O problema foi um dos pontos abordados, na manhã desta quinta-feira (16), durante audiência pública para tratar das obras na rodovia. Na ausência de representantes da Viaoeste, que administra a rodovia, e da Agência Reguladora de Serviços Públicos Delegados de Transporte do Estado de São Paulo (Artesp), os cerca de vinte empresários presentes contaram que já receberam um comunicado de que a interdição será feita. A Urbes confirmou que desde o primeiro semestre deste ano o assunto está sendo debatido para que sejam tomadas medidas alternativas de tráfego, a fim de tentar minimizar os problemas que o fechamento da passagem devem ocasionar no local.
Segundo José Carlos de Almeida, que representou a empresa pública de trânsito na reunião, o viaduto não será completamente interditado e permanecerão abertas apenas duas faixas, em mão dupla.
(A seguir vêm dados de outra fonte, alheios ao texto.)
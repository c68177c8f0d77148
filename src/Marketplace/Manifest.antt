-- ===== src/Marketplace/Manifest.antt =====
-- marketplace.rs: the manifests of packages of nodes.
use Prim.Native.Char.{Char, code}
use fancy_flow_rs.Prelude.{
  List, [], ◌∷◌, ◌++◌, String, Bool, true, false, not, Option, some, none, if◌then◌else◌, ◌&&◌,
  ◌||◌, ◌<>◌, nat_beq, leb, any, strip_prefix,
}
use fancy_flow_rs.Prelude.Scan.{is_blank, trim, find}
use fancy_flow_rs.Schema.Json.{str_of}
use fancy_flow_rs.Platform.{Platform}
use fancy_flow_rs.Registry.KindId.{namespace}
use fancy_flow_rs.Analysis.GraphConnectivity.{ImportIssue, issue, warning_issue, is_error}
use fancy_flow_rs.Marketplace.{is_digit, Semver, parse_version}

abbrev is_alphanumeric : Char → Bool
is_alphanumeric c =
    is_digit c
    || (leb b'a' (code c) && leb (code c) b'z')
    || (leb b'A' (code c) && leb (code c) b'Z')

unfoldable pub all_segment : String → Bool
all_segment String.[] = true
all_segment (String.◌∷◌ c s) =
    (is_alphanumeric c || nat_beq (code c) b'.' || nat_beq (code c) b'_' || nat_beq (code c) b'-')
    && all_segment s

unfoldable pub is_segment : String → Bool
unfolding all_segment
is_segment String.[] = false
is_segment (String.◌∷◌ c s) = is_alphanumeric c && all_segment (String.◌∷◌ c s)

abbrev both_segments : Option (String × String) → Bool
unfolding is_segment
both_segments (some (scope, name)) = is_segment scope && is_segment name
both_segments none = false

abbrev scoped : Option String → Bool
unfolding find both_segments
scoped (some rest) = both_segments (find rest "/")
scoped none = false

unfoldable pub is_namespaced_kind : String → Bool
unfolding strip_prefix scoped
is_namespaced_kind kind = scoped (strip_prefix kind "@")

abbrev starts_with : Option String → Bool
starts_with (some rest) = true
starts_with none = false

unfoldable pub kind_issues : Option String → List ImportIssue
unfolding trim is_namespaced_kind strip_prefix
kind_issues none = issue "kind: Required - the canonical kind id this package provides." ∷ []
kind_issues (some kind) =
    if is_blank (trim kind)
    then issue "kind: Required - the canonical kind id this package provides." ∷ []
    else if not (is_namespaced_kind kind)
    then issue (
        "kind: \"" <> kind
        <> "\" must be namespaced as @scope/name - a bare id makes stored graphs ambiguous, and that is unfixable once documents carry it.")
      ∷ []
    else if starts_with (strip_prefix kind namespace)
    then warning_issue (
        "kind: " <> namespace
        <> "* is reserved for first-party nodes; the registry will reject this unless the package is first-party.")
      ∷ []
    else []

abbrev pub version_in : Option String → Option Semver
unfolding parse_version
version_in (some s) = parse_version s
version_in none = none

unfoldable pub version_issues : Option Semver → List ImportIssue
version_issues (some v) = []
version_issues none = issue "version: Required - a MAJOR.MINOR.PATCH version." ∷ []

module _ ⦃P : Platform⦄ where
  open P use {Value, Map, as_str, as_array, as_object, get, get_in}

  unfoldable pub aliases_issues : Option Value → List ImportIssue
  aliases_issues none = []
  aliases_issues (some v) = elim (as_array v) [
    | some l ↦ []
    | none ↦ issue "aliases: Must be a list of ids." ∷ []
  ]

  unfoldable pub validate_manifest : Value → List ImportIssue
  unfolding kind_issues version_in version_issues aliases_issues
  validate_manifest manifest = elim (as_object manifest) [
    | none ↦ issue "Manifest is not an object." ∷ []
    | some m ↦
        kind_issues (str_of (get m "kind"))
        ++ (version_issues (version_in (str_of (get m "version")))
            ++ aliases_issues (get m "aliases"))
  ]

  unfoldable pub canonical_kind : Value → Option String
  canonical_kind manifest = str_of (get_in manifest "kind")

unfoldable pub manifest_is_usable : List ImportIssue → Bool
manifest_is_usable issues = not (any is_error issues)
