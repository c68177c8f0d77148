-- ===== src/Prelude/Scan/Finding.antt =====
-- Where a pattern is found in a text that is written around it.
use Prim.Native.Nat.{ℕ, suc, ◌+◌, ◌≤◌, ◌<◌}
use Prim.Native.Char.{Char, code, len_utf8}
use Prim.Native.String.{String}
use text.Mathlib.TextLemmas.{nil-append, cons-append}
use mathlib.Core.Path.{◌≡◌, refl, sym, ap, subst}
use mathlib.Core.Bool.{Bool, true, false, not, ◌&&◌}
use mathlib.Core.Option.{none, some}
use mathlib.Core.Logic.{inl, inr}
use native.Mathlib.Omega.{arith}
use fancy_flow_rs.Prelude.Tests.{nat_beq, Option-cases}
use fancy_flow_rs.Prelude.Text.{strip_prefix, ◌<>◌}
use text.Mathlib.TextEquality.{eq_iff}
use text.Mathlib.TextPositions.{eq_refl, len_utf8-pos}
use Prim.Native.String.len.{cons}
use fancy_flow_rs.Prelude.Scan.{chars, byte_len, find, strip_suffix}

-- The text has no character with the number.
abbrev pub free : ℕ → String → Bool
free n String.[] = true
free n (String.◌∷◌ c s) = not (nat_beq (code c) n) && free n s

pub strip_prefix-append : (p s : String) → strip_prefix (p <> s) p ≡ some s
unfolding strip_prefix
strip_prefix-append String.[] s = ap some (nil-append s)
strip_prefix-append (String.◌∷◌ c p) s =
    subst (λ u. strip_prefix u (String.◌∷◌ c p) ≡ some s) (sym (cons-append c p s))
      (ground (arith, strip_prefix-append p s))

pub chars-append : (s t : String) → chars (s <> t) ≡ chars s + chars t
chars-append String.[] t = rw (nil-append t) (omega arith)
chars-append (String.◌∷◌ c s) t = rw (cons-append c s t) (omega (arith, chars-append s t))

pub free-append : (n : ℕ) (s t : String) → free n (s <> t) ≡ (free n s && free n t)
free-append n String.[] t = rw (nil-append t)
free-append n (String.◌∷◌ c s) t = rw (cons-append c s t) (ground (arith, free-append n s t))

free_of_strip_prefix :
    (n : ℕ) (s p : String) {rest : String}
    → strip_prefix s p ≡ some rest
    → free n s ≡ true
    → free n rest ≡ true
unfolding strip_prefix
free_of_strip_prefix n s String.[] e h = ground arith
free_of_strip_prefix n String.[] (String.◌∷◌ c p) e h = absurd (cc)
free_of_strip_prefix n (String.◌∷◌ d s) (String.◌∷◌ c p) e h =
    free_of_strip_prefix n s p (ground arith) (ground arith)

strip_prefix_shortens :
    (s p : String) {rest : String} → strip_prefix s p ≡ some rest → chars rest ≤ chars s
unfolding strip_prefix
strip_prefix_shortens s String.[] e = ground arith
strip_prefix_shortens String.[] (String.◌∷◌ c p) e = absurd (cc)
strip_prefix_shortens (String.◌∷◌ d s) (String.◌∷◌ c p) {rest} e =
    let shorter : chars rest ≤ chars s = strip_prefix_shortens s p (ground arith) in omega arith

module _ (c : Char) (p : String) where
  strip_prefix-cons_append :
      (rest : String) → strip_prefix (String.◌∷◌ c (p <> rest)) (String.◌∷◌ c p) ≡ some rest
  strip_prefix-cons_append rest =
      subst (λ u. strip_prefix u (String.◌∷◌ c p) ≡ some rest) (cons-append c p rest)
        (strip_prefix-append (String.◌∷◌ c p) rest)

  find-here :
      (d : Char) (s : String) {rest : String}
      → strip_prefix (String.◌∷◌ d s) (String.◌∷◌ c p) ≡ some rest
      → find (String.◌∷◌ d s) (String.◌∷◌ c p) ≡ some ("", rest)
  unfolding find
  find-here d s h = rw (h, find)

  find-later :
      (d : Char) (s : String) {before rest : String}
      → nat_beq (code d) (code c) ≡ false
      → find s (String.◌∷◌ c p) ≡ some (before, rest)
      → find (String.◌∷◌ d s) (String.◌∷◌ c p) ≡ some (String.◌∷◌ d before, rest)
  unfolding find strip_prefix
  find-later d s h e = ground arith

  pub find-written :
      (before rest : String)
      → free (code c) before ≡ true
      → find (before <> String.◌∷◌ c p <> rest) (String.◌∷◌ c p) ≡ some (before, rest)
  find-written String.[] rest h =
      rw (nil-append (String.◌∷◌ c p <> rest))
        (rw (cons-append c p rest) (find-here c (p <> rest) (strip_prefix-cons_append rest)))
  find-written (String.◌∷◌ d before) rest h = rw (cons-append d before (String.◌∷◌ c p <> rest)) (
      find-later d (before <> String.◌∷◌ c p <> rest) (ground arith)
        (find-written before rest (ground arith)))

  pub find-free : (s : String) → free (code c) s ≡ true → find s (String.◌∷◌ c p) ≡ none
  unfolding find strip_prefix
  find-free String.[] h = refl
  find-free (String.◌∷◌ d s) h = ground (arith, find-free s)

  pub free_of_find :
      (n : ℕ) (s : String) {before rest : String}
      → find s (String.◌∷◌ c p) ≡ some (before, rest)
      → free n s ≡ true
      → free n rest ≡ true
  unfolding find
  free_of_find n String.[] e h = absurd (cc)
  free_of_find n (String.◌∷◌ d s) {before} {rest} e h =
      elim (Option-cases (strip_prefix (String.◌∷◌ d s) (String.◌∷◌ c p))) [
        | inr (found, here) ↦
            let same : found ≡ rest = ground arith in
            subst (λ t. free n t ≡ true) same
              (free_of_strip_prefix n (String.◌∷◌ d s) (String.◌∷◌ c p) here h)
        | inl later ↦ elim (Option-cases (find s (String.◌∷◌ c p))) [
          | inl nowhere ↦ absurd (ground arith)
          | inr ((b, found), there) ↦
              let same : found ≡ rest = ground arith in
              subst (λ t. free n t ≡ true) same (free_of_find n s there (ground arith))
        ]
      ]

-- What stands behind a pattern that is found is shorter than the text.
pub find_shortens :
    (c : Char) (p s : String) {before rest : String}
    → find s (String.◌∷◌ c p) ≡ some (before, rest)
    → chars rest < chars s
unfolding find strip_prefix
find_shortens c p String.[] e = absurd (cc)
find_shortens c p (String.◌∷◌ d s) {before} {rest} e =
    elim (Option-cases (strip_prefix (String.◌∷◌ d s) (String.◌∷◌ c p))) [
      | inr (found, here) ↦
          let same : found ≡ rest = ground arith in
          let inside : strip_prefix s p ≡ some found = ground arith in
          let shorter : chars found ≤ chars s = strip_prefix_shortens s p inside in
          subst (λ t. chars t < suc (chars s)) same (omega arith)
      | inl later ↦ elim (Option-cases (find s (String.◌∷◌ c p))) [
        | inl nowhere ↦ absurd (ground arith)
        | inr ((b, found), there) ↦
            let same : found ≡ rest = ground arith in
            let shorter : chars found < chars s = find_shortens c p s there in
            subst (λ t. chars t < suc (chars s)) same (omega arith)
      ]
    ]

-- A suffix is taken off a text that does not have its first character.
pub strip_suffix-written :
    (s : String) (c : Char) (p : String)
    → free (code c) s ≡ true
    → strip_suffix (s <> String.◌∷◌ c p) (String.◌∷◌ c p) ≡ some s
unfolding strip_suffix
strip_suffix-written String.[] c p h =
    rw (nil-append (String.◌∷◌ c p), eq_refl (String.◌∷◌ c p), strip_suffix) refl
strip_suffix-written (String.◌∷◌ d s) c p h = rw (cons-append d s (String.◌∷◌ c p)) (
    ground (
      arith,
      strip_suffix-written s c p,
      eq_iff (String.◌∷◌ d (s <> String.◌∷◌ c p)) (String.◌∷◌ c p),
    ))

len_utf8_pos : (c : Char) → 1 ≤ len_utf8 c
len_utf8_pos c = let found = len_utf8-pos c in omega (arith, found.1)

-- Each character takes a byte at least.
pub chars-le-byte_len : (s : String) → chars s ≤ byte_len s
chars-le-byte_len String.[] = omega arith
chars-le-byte_len (String.◌∷◌ c s) =
    let whole : byte_len (String.◌∷◌ c s) ≡ len_utf8 c + byte_len s = cons c s in
    omega (arith, whole, chars-le-byte_len s, len_utf8_pos c)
O técnico não adiantou, entretanto, detalhes sobre as rotas alternativas de tráfego que serão aplicadas na região. “Todas as medidas de desvio e operação estão sendo estudadas com os interessados para tentar causar o menor impacto possível no trânsito. Há necessidade deste bloqueio para as obras, não há outra alternativa. A informação que nós temos é que será bloqueada uma pista e a outra irá operar em mão dupla”.
Os representantes dos empreendimentos localizados na região reclamaram bastante da medida e já prevêem prejuízos financeiros. “A gente não precisa ser técnico para entender que a partir do momento em que quatro pistas se transformam em duas, teremos uma redução de 50% no fluxo de veículos que acessam aquelas avenidas. Não somos contra a obra, a cidade precisa crescer, ganhar poder e solucionar seus problemas viários. O que somos contra é executar uma obra deste porte sem que a população tenha conhecimento das medidas mitigatórias que poderiam estar sendo implantadas”, falou Roberto Vilas Boas, gerente de expansão do Grupo Carrefour. “Não nos foi apresentada nenhuma alternativa para minimizar os impactos desta interrupção. Nós pedimos, apenas, que isso não fosse feito no fim do ano. Agora vamos esperar que a Urbes coloque pessoal para orientar o trânsito, para que o impacto seja o menor possível. Mas que vai haver, isso vai. Não dá para dimensionar o prejuízo, mas certamente teremos problemas”, falou Odair Darokue, gerente do Esplanada Shopping.
O diretor do Carrefour Esplanada, Edson Macedo, chegou a cogitar a possibilidade de que o viaduto tivesse o número de pistas aumentado, para maior fluidez do trânsito. “Já vamos sofrer, não tem jeito. Mas temos que pensar lá na frente para não ter, no futuro, que parar de novo para mais uma ampliação”, disse.
Para o gerente de expansão do Carrefour, uma alternativa seria prorrogar a data para fechamento das pistas. “Aí se apresentam os documentos que aprovaram as obras, se faz uma nova audiência, justificando para a população e para os empresários a situação, se discute se as medidas mitigatórias são satisfatórias para atender a todos. Aí, a obra pode seguir seu rumo. A comunidade está pedindo as informações, mas ninguém vem aqui explicar”, reclamou, referindo-se à ausência dos representantes da Viaoeste e da Artesp.